- _Work instruction_
From the data below, retype exactly the lines starting with the one that contains "unfolding refuse_self override_refused enact" and ending with the one that contains "unfolding role_step", both included.

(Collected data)

┌──

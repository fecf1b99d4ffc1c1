-- ===== src/Requirements/Decisions.antt =====
-- What follows a Not Clear check, in apps/requirements/services.py: convictions and the permanent
-- disqualification, a leadership decision, and the recorded outcome.
use risk_management.Common.{
  ℕ, ◌+◌, Bool, false, ◌||◌, Option, none, some, List, [], ◌∷◌, ◌++◌, map, String, ◌==◌,
  if◌then◌else◌, is_blank, find, any, length,
}
use risk_management.Calendar.{Date}
use risk_management.Org.{disqualified, withdrawn, is_disqualified, active_roles, end_all}
use risk_management.Audit.{
  AuditAction, crc_recorded, override, crc_record, disqualifying_conviction, discretionary_override,
  volunteer,
}
use risk_management.Requirements.Instance.{RequirementInstance, blocked, is_outstanding}
use risk_management.Requirements.Records.{
  CrcRecord, is_cleared, NotClearOutcome, pending, fingerprint_submitted, withdrew,
  DisqualifyingConviction, Decision, approved, approved_with_conditions, declined,
  DiscretionaryOverride,
}
use risk_management.Requirements.Progress.{refuse_self}
use risk_management.Requirements.Crc.{put_crc_record, block_volunteer, lift_not_clear}
use risk_management.Review.{Snapshot, crc, override_kind}
use risk_management.Review.Recording.{open_if_unverified}
use risk_management.Audit
use risk_management.Tenant.{
  Tenant, Env, Result, ok, ◌>>=◌, ◌>>◌, refuse_if, or_raise, no_such_row, permanently_disqualified,
  not_a_not_clear_result, category_missing, automatic_not_overridable, override_incomplete, audit,
  entity,
}

abbrev pub crc_record_at : ℕ → Tenant → Option CrcRecord
crc_record_at k t = find (λ r. r.pk == k) t.crc_records

-- The keys of the roles in which the volunteer serves.
abbrev pub serving_roles : Tenant → List ℕ
serving_roles t = map (λ r. r.pk) (active_roles t.assignments)

-- One of `entries`; its texts are those that the rules look at.
pub record ConvictionEntry : Type 0 where
  pub category : String
  pub is_automatic_disqualifier : Bool

abbrev pub conviction_row : ℕ → ℕ → ConvictionEntry → DisqualifyingConviction
conviction_row pk check e = record {
  pk = pk;
  crc_record = check;
  category = e.category;
  is_automatic_disqualifier = e.is_automatic_disqualifier;
}

-- The loop over `entries`: every row gets the next key, or the first blank category stops it.
unfoldable pub conviction_rows :
    ℕ → ℕ → List ConvictionEntry → Result (List DisqualifyingConviction)
conviction_rows pk check [] = ok []
conviction_rows pk check (e ∷ entries) = do
  refuse_if (is_blank e.category) category_missing
  rest ← conviction_rows (pk + 1) check entries
  ok (conviction_row pk check e ∷ rest)

unfoldable pub block_outstanding : List RequirementInstance → List RequirementInstance
block_outstanding [] = []
block_outstanding (i ∷ rest) =
    (if is_outstanding i.status then record i { status = blocked } else i) ∷ block_outstanding rest

-- `_apply_permanent_disqualification`, which writes the block itself. Each save of an assignment,
-- and that of the volunteer, asks for a reconciliation.
unfoldable pub apply_permanent_disqualification : Env → Tenant → Tenant
unfolding block_outstanding
apply_permanent_disqualification env t =
    audit env Audit.disqualified (entity Audit.volunteer t.volunteer.pk) (record t {
      assignments = end_all env.today t.assignments;
      volunteer = record (t.volunteer) {
        screening_block = disqualified;
        screening_block_recorded_at = some env.now;
      };
      instances = block_outstanding t.instances;
      pending_syncs = t.pending_syncs + length (serving_roles t) + 1;
    })

abbrev pub decision_snapshot : Tenant → List ℕ → Snapshot
decision_snapshot t ended = record {
  instance_fields = none;
  screening_block = some t.volunteer.screening_block;
  superseded_by_id = none;
  ended_assignments = ended;
}

abbrev pub review_convictions :
    Env → ℕ → Snapshot → List DisqualifyingConviction → Tenant → Result Tenant
review_convictions env check before [] t = ok t
review_convictions env check before (c ∷ more) t =
    open_if_unverified env crc (entity disqualifying_conviction c.pk)
      (some (entity crc_record check)) before t

abbrev pub with_convictions : List DisqualifyingConviction → Tenant → Tenant
with_convictions created t = record t {
  convictions = t.convictions ++ created;
  next_pk = t.next_pk + length created;
}

unfoldable pub record_convictions : Env → ℕ → List ConvictionEntry → Tenant → Result Tenant
unfolding refuse_self conviction_rows apply_permanent_disqualification
record_convictions env check entries t = do
  refuse_self env t.volunteer
  r ← or_raise no_such_row (crc_record_at check t)
  refuse_if (is_cleared r.result) not_a_not_clear_result
  created ← conviction_rows t.next_pk check entries
  let automatic = any (λ (c : DisqualifyingConviction). c.is_automatic_disqualifier) created
  let u = with_convictions created t
  review_convictions env check (decision_snapshot t (if automatic then serving_roles t else []))
      created
      (if automatic
        then apply_permanent_disqualification env u
        else audit env crc_recorded (entity crc_record check) u)

abbrev conviction_at : Option ℕ → Tenant → Result (Option DisqualifyingConviction)
conviction_at none t = ok none
conviction_at (some k) t = do
  c ← or_raise no_such_row (find (λ (c : DisqualifyingConviction). c.pk == k) t.convictions)
  ok (some c)

abbrev is_automatic : Option DisqualifyingConviction → Bool
is_automatic none = false
is_automatic (some c) = c.is_automatic_disqualifier

-- What a decision says: its texts are mandatory.
pub record DecisionForm : Type 0 where
  pub decision : Decision
  pub decided_on : Date
  pub decided_by : String
  pub reasoning : String
  pub mitigation_steps : String

abbrev override_row : ℕ → ℕ → Option ℕ → DecisionForm → DiscretionaryOverride
override_row pk check conviction f = record {
  pk = pk;
  crc_record = check;
  conviction = conviction;
  decision = f.decision;
  decided_on = f.decided_on;
  decided_by = f.decided_by;
  reasoning = f.reasoning;
  mitigation_steps = f.mitigation_steps;
}

-- True where `DiscretionaryOverride.clean` refuses the row.
unfoldable pub override_refused : Option DisqualifyingConviction → DecisionForm → Bool
override_refused c f =
    is_blank f.reasoning
    || (is_blank f.mitigation_steps || (is_blank f.decided_by || is_automatic c))

abbrev pub end_assignments : Env → Tenant → Tenant
end_assignments env t = record t {
  assignments = end_all env.today t.assignments;
  pending_syncs = t.pending_syncs + length (serving_roles t);
}

-- A decline withdraws the volunteer and ends what they serve in; an approval lifts a Not Clear.
unfoldable pub enact : Env → Decision → Tenant → Result Tenant
enact env declined t = do u ← block_volunteer env withdrawn t; ok (end_assignments env u)
enact env approved t = lift_not_clear env t
enact env approved_with_conditions t = lift_not_clear env t

abbrev ended_by : Decision → Tenant → List ℕ
ended_by declined t = serving_roles t
ended_by _ t = []

unfoldable pub record_discretionary_override :
    Env → ℕ → Option ℕ → DecisionForm → Tenant → Result Tenant
unfolding refuse_self override_refused enact
record_discretionary_override env check conviction f t = do
  refuse_self env t.volunteer
  r ← or_raise no_such_row (crc_record_at check t)
  c ← conviction_at conviction t
  refuse_if (is_automatic c) automatic_not_overridable
  refuse_if (is_disqualified t.volunteer.screening_block) permanently_disqualified
  refuse_if (override_refused c f) override_incomplete
  let pk = t.next_pk
  u ← enact env f.decision (record t {
    overrides = t.overrides ++ override_row pk check conviction f ∷ [];
    next_pk = t.next_pk + 1;
  })
  open_if_unverified env override_kind (entity discretionary_override pk)
      (some (entity crc_record check)) (decision_snapshot t (ended_by f.decision t))
      (audit env override (entity discretionary_override pk) u)

unfoldable pub settle : Env → NotClearOutcome → Tenant → Result Tenant
settle env withdrew t = do u ← block_volunteer env withdrawn t; ok (end_assignments env u)
settle env pending t = ok t
settle env fingerprint_submitted t = ok t

unfoldable pub resolve_not_clear : Env → ℕ → NotClearOutcome → Tenant → Result Tenant
unfolding refuse_self settle
resolve_not_clear env check outcome t = do
  refuse_self env t.volunteer
  r ← or_raise no_such_row (crc_record_at check t)
  refuse_if (is_cleared r.result) not_a_not_clear_result
  u ← settle env outcome (record t {
    crc_records = put_crc_record (record r { not_clear_outcome = some outcome }) t.crc_records;
  })
  ok (audit env crc_recorded (entity crc_record check) u)
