-- ===== src/Session/Reload.antt =====
-- What is read back of a saved conversation.
use llama_cli.Base.Collect.{collect_total}
use llama_cli.Base.Search.{find_from_bounds}
use llama_cli.Json.Escape.{escape_json, unescape_json}
use llama_cli.Json.Strings.{json_extract_string}
use llama_cli.Json.RoundTrip.{extract-escape, IsFirst, keyed}
use llama_cli.Provider.Message.{Message}
use llama_cli.Session.Store.{saved_object, role_key, role_step, role_positions, load_object}
use llama_cli.Base.{
  ℕ, ◌+◌, ◌≤◌, ◌<◌, ◌≡◌, refl, ap, ◌∙◌, ◌≢◌, inl, inr, false, some, List, [], ◌∷◌, ◌++◌,
  append_assoc, arith, Option-cases, length, Text, codes, is_empty, find, find_from,
}

role_step-Advances :
    (json : Text) (at next : ℕ) (found : List ℕ)
    → role_step json at ≡ some (next, found)
    → (at < next) × (next ≤ length json)
unfolding role_step
role_step-Advances json at next found e = elim (Option-cases (find_from role_key json at)) [
  | inl none_there ↦ ground (arith, none_there, e)
  | inr (i, there) ↦ ground (arith, there, e, find_from_bounds role_key json at i there)
]

-- On every text the loop over the messages of a session ends.
pub role_positions_total :
    (json : Text) → (positions : List ℕ) × (role_positions json ≡ some positions)
unfolding role_positions
role_positions_total json =
    collect_total (role_step json) (length json) (role_step-Advances json) (length json + 1) 0
      (omega arith) (omega arith)

-- The role is written without escapes, so it must need none.
abbrev pub IsRole : Text → Type 0
IsRole r =
    (r ≢ [])
    × ((escape_json r ≡ r) × IsFirst (codes "{\"role\":\"" ++ (r ++ codes "\",")) (codes "content"))

module _ (m : Message) (rest : Text) where
  content_end : Text
  content_end = escape_json m.content ++ b'"' ∷ (codes "}" ++ rest)

  as_role :
      escape_json m.role ≡ m.role
      → saved_object m ++ rest
        ≡ keyed
            (codes "{")
            (codes "role")
            []
            (b'"' ∷ (escape_json m.role ++ b'"' ∷ (codes ",\"content\":\"" ++ content_end)))
  unfolding saved_object content_end
  as_role plain = rw plain (simp append_assoc refl)

  as_content :
      saved_object m ++ rest
      ≡ keyed
          (codes "{\"role\":\"" ++ (m.role ++ codes "\","))
          (codes "content")
          []
          (b'"' ∷ content_end)
  unfolding saved_object content_end
  as_content = simp append_assoc refl

  role_read :
      IsRole m.role → json_extract_string (saved_object m ++ rest) (codes "role") ≡ some m.role
  role_read (_, (plain, _)) =
      ap (λ t. json_extract_string t (codes "role")) (as_role plain)
      ∙ extract-escape (codes "{") (codes "role") [] (codes ",\"content\":\"" ++ content_end) m.role
          (unfold find in refl) tt

  content_read :
      IsRole m.role
      → json_extract_string (saved_object m ++ rest) (codes "content") ≡ some m.content
  unfolding content_end
  content_read (_, (_, first)) =
      ap (λ t. json_extract_string t (codes "content")) as_content
      ∙ extract-escape (codes "{\"role\":\"" ++ (m.role ++ codes "\",")) (codes "content") []
          (codes "}" ++ rest) m.content first tt

-- A message whose role needs no escapes is read back with its role, but its content is decoded
-- twice: once as a JSON text and once more by `unescape_json`.
pub load-saved_object :
    (m : Message) (rest : Text)
    → IsRole m.role
    → load_object (saved_object m ++ rest)
      ≡ some (
          record { role = m.role; content = unescape_json m.content; rating = []; images = [] }
          ∷ [])
unfolding load_object
load-saved_object m rest is_role =
    rw (role_read m rest is_role)
      (rw (content_read m rest is_role) (rw (not_empty m.role is_role.0)))
  where
    not_empty : (r : Text) → r ≢ [] → is_empty r ≡ false
    not_empty [] h = absurd (h refl)
    not_empty (c ∷ r) h = refl
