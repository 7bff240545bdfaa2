-- ===== src/Sync.antt =====
-- src/sync: sync mode, which applies what an answer asks for without a user's confirmation.
pub mod Caps
pub mod ReadOnly
pub mod Paths
pub mod Tags
pub mod Lines
pub mod Editing
pub mod Process
pub mod Safety
pub mod Commands
pub mod Granted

└──

- _Exercise result_
unfolding refuse_self override_refused enact
record_discretionary_override env check conviction f t = do
  refuse_self env t.volunteer
  r ← or_raise no_such_row (crc_record_at check t)
  c ← conviction_at conviction t
  refuse_if (is_automatic c) automatic_not_overridable
  refuse_if (is_disqualified t.volunteer.screening_block) permanently_disqualified
  refuse_if (override_refused c f) override_incomplete
  let pk = t.next_pk
  u ← enact env f.decision (record t {
    overrides = t.overrides ++ override_row pk check conviction f ∷ [];
    next_pk = t.next_pk + 1;
  })
  open_if_unverified env override_kind (entity discretionary_override pk)
      (some (entity crc_record check)) (decision_snapshot t (ended_by f.decision t))
      (audit env override (entity discretionary_override pk) u)

unfoldable pub settle : Env → NotClearOutcome → Tenant → Result Tenant
settle env withdrew t = do u ← block_volunteer env withdrawn t; ok (end_assignments env u)
settle env pending t = ok t
settle env fingerprint_submitted t = ok t

unfoldable pub resolve_not_clear : Env → ℕ → NotClearOutcome → Tenant → Result Tenant
unfolding refuse_self settle
resolve_not_clear env check outcome t = do
  refuse_self env t.volunteer
  r ← or_raise no_such_row (crc_record_at check t)
  refuse_if (is_cleared r.result) not_a_not_clear_result
  u ← settle env outcome (record t {
    crc_records = put_crc_record (record r { not_clear_outcome = some outcome }) t.crc_records;
  })
  ok (audit env crc_recorded (entity crc_record check) u)
-- ===== src/Session/Reload.antt =====
-- What is read back of a saved conversation.
use llama_cli.Base.Collect.{collect_total}
use llama_cli.Base.Search.{find_from_bounds}
use llama_cli.Json.Escape.{escape_json, unescape_json}
use llama_cli.Json.Strings.{json_extract_string}
use llama_cli.Json.RoundTrip.{extract-escape, IsFirst, keyed}
use llama_cli.Provider.Message.{Message}
use llama_cli.Session.Store.{saved_object, role_key, role_step, role_positions, load_object}
use llama_cli.Base.{
  ℕ, ◌+◌, ◌≤◌, ◌<◌, ◌≡◌, refl, ap, ◌∙◌, ◌≢◌, inl, inr, false, some, List, [], ◌∷◌, ◌++◌,
  append_assoc, arith, Option-cases, length, Text, codes, is_empty, find, find_from,
}

role_step-Advances :
    (json : Text) (at next : ℕ) (found : List ℕ)
    → role_step json at ≡ some (next, found)
    → (at < next) × (next ≤ length json)
unfolding role_step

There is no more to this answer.